__Task brief__:
Filter the records below and copy every line containing the word "where".
Top of Source material
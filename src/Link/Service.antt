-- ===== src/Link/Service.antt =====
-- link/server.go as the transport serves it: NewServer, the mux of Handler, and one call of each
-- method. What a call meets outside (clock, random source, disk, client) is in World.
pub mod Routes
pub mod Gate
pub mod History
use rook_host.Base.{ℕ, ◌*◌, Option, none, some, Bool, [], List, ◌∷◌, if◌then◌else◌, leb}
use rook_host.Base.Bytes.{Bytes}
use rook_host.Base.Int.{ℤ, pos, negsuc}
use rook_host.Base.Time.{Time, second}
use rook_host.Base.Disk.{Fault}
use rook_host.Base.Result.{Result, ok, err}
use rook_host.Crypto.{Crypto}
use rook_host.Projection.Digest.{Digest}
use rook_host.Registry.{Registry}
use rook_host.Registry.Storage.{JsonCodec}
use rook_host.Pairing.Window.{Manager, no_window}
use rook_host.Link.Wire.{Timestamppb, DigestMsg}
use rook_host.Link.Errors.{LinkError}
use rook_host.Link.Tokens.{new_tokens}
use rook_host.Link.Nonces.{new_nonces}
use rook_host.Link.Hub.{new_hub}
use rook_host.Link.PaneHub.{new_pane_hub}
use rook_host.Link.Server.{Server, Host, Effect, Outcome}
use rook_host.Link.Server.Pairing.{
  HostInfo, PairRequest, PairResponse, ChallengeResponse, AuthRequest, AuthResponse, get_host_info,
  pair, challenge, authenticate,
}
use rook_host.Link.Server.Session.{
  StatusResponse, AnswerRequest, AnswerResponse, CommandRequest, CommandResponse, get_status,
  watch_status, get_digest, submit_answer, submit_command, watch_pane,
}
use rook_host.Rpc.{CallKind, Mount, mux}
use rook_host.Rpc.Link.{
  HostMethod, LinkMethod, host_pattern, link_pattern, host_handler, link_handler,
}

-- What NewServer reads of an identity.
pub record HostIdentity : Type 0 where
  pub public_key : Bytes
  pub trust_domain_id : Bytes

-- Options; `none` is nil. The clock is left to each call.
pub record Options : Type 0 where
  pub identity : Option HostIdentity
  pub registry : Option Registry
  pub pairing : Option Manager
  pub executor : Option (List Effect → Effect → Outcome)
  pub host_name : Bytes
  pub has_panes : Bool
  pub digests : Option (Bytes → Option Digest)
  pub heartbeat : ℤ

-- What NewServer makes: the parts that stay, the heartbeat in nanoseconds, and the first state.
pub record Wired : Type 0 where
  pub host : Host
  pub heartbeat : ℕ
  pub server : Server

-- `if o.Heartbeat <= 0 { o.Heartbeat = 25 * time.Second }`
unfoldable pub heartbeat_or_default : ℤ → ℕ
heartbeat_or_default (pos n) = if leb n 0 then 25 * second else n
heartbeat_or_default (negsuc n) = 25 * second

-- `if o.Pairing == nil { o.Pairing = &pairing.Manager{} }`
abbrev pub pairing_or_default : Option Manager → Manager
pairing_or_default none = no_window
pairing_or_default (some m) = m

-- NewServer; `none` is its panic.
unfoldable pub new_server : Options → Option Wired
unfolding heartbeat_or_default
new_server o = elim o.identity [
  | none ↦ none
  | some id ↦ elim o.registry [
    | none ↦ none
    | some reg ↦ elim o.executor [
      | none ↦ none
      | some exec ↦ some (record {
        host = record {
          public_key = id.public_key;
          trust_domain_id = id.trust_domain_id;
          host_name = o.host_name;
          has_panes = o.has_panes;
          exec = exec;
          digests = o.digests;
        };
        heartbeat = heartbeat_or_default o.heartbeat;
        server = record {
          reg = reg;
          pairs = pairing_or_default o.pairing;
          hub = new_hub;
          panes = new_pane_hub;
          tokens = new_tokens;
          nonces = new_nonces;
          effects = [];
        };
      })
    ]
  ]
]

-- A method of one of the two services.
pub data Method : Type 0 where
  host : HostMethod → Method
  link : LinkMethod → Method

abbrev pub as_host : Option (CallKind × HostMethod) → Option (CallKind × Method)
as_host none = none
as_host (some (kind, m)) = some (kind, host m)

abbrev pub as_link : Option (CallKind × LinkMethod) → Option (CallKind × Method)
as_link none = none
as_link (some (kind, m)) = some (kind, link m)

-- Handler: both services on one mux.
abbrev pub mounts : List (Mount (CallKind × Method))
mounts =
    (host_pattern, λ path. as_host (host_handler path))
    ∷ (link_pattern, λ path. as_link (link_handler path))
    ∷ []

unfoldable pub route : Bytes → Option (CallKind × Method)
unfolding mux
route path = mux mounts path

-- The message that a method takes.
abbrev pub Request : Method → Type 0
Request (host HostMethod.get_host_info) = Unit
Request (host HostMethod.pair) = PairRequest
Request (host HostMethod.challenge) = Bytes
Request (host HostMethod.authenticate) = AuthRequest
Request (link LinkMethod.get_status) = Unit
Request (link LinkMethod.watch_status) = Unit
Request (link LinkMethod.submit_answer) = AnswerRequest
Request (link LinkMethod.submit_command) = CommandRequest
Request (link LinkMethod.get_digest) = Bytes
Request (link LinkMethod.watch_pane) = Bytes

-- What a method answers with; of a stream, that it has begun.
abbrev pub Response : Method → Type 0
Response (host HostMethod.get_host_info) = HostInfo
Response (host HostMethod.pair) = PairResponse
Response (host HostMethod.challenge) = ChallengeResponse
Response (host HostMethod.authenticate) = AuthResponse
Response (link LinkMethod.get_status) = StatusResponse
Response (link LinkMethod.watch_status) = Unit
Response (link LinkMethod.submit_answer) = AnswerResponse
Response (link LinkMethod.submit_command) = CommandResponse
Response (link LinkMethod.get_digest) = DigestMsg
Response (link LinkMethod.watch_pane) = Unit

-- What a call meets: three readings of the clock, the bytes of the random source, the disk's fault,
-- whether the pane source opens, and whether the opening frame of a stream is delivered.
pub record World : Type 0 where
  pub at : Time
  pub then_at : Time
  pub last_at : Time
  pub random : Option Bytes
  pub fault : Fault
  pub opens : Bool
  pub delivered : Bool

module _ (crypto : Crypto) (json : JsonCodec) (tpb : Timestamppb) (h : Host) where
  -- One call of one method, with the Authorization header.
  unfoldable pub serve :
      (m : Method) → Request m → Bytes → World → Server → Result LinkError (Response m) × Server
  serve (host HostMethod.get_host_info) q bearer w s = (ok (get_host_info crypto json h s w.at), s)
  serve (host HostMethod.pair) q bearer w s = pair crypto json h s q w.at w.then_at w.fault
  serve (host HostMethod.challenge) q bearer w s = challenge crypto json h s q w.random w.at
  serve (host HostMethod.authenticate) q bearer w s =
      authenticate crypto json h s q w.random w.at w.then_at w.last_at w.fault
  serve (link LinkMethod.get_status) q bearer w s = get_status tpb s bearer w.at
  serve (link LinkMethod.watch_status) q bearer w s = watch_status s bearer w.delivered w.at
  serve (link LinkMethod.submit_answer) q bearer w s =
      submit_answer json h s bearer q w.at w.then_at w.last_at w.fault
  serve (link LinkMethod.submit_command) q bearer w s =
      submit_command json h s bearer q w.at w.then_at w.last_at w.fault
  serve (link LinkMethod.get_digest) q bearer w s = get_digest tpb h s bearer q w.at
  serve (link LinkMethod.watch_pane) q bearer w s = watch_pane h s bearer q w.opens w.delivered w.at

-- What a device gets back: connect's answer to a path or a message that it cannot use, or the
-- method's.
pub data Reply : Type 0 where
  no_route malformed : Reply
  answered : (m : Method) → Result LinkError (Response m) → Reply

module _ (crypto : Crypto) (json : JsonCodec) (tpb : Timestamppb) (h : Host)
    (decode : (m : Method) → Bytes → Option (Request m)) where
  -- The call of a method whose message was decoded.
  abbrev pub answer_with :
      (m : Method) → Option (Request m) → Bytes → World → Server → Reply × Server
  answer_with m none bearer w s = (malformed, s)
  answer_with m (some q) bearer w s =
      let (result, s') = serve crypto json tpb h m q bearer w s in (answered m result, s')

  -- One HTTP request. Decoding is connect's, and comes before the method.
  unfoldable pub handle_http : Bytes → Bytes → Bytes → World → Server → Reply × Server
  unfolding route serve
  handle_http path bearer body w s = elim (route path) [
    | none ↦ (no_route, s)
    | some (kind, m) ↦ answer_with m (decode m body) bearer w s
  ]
Bottom of Source material
__Result__:
pub record HostIdentity : Type 0 where
pub record Options : Type 0 where
pub record Wired : Type 0 where
pub data Method : Type 0 where
pub record World : Type 0 where
module _ (crypto : Crypto) (json : JsonCodec) (tpb : Timestamppb) (h : Host) where
pub data Reply : Type 0 where
    (decode : (m : Method) → Bytes → Option (Request m)) where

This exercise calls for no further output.